##### Extracted information

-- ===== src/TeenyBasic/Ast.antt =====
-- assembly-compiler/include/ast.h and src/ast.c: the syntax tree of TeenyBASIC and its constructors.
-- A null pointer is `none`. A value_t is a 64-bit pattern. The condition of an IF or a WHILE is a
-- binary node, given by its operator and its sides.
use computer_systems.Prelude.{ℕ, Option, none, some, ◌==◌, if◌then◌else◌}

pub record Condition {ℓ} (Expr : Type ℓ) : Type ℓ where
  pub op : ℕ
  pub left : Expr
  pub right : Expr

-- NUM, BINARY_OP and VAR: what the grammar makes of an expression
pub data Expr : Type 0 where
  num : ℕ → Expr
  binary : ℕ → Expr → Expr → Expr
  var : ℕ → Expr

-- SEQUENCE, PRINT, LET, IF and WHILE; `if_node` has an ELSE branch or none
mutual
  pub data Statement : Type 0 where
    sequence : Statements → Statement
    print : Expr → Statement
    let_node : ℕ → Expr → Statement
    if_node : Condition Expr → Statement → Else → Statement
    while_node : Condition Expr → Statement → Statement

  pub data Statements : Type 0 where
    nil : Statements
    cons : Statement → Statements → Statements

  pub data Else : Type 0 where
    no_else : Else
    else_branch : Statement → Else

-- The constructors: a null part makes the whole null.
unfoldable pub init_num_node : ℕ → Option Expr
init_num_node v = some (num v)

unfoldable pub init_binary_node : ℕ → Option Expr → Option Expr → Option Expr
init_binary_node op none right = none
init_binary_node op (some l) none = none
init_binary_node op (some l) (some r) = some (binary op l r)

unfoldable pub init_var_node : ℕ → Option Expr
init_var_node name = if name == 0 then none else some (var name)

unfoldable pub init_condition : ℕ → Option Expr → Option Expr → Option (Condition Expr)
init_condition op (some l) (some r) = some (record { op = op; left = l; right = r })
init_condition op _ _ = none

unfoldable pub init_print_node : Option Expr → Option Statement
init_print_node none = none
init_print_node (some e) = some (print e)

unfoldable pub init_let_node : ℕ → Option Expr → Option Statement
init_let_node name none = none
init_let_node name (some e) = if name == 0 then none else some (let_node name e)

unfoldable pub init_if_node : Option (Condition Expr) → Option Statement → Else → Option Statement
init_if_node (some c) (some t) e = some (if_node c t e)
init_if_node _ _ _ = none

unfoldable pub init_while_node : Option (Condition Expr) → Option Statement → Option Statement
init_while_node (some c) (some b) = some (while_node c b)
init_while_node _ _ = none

##########

=== Requirement ===
State only how many lines above contain "unfoldable".

=== Solution to the problem ===
8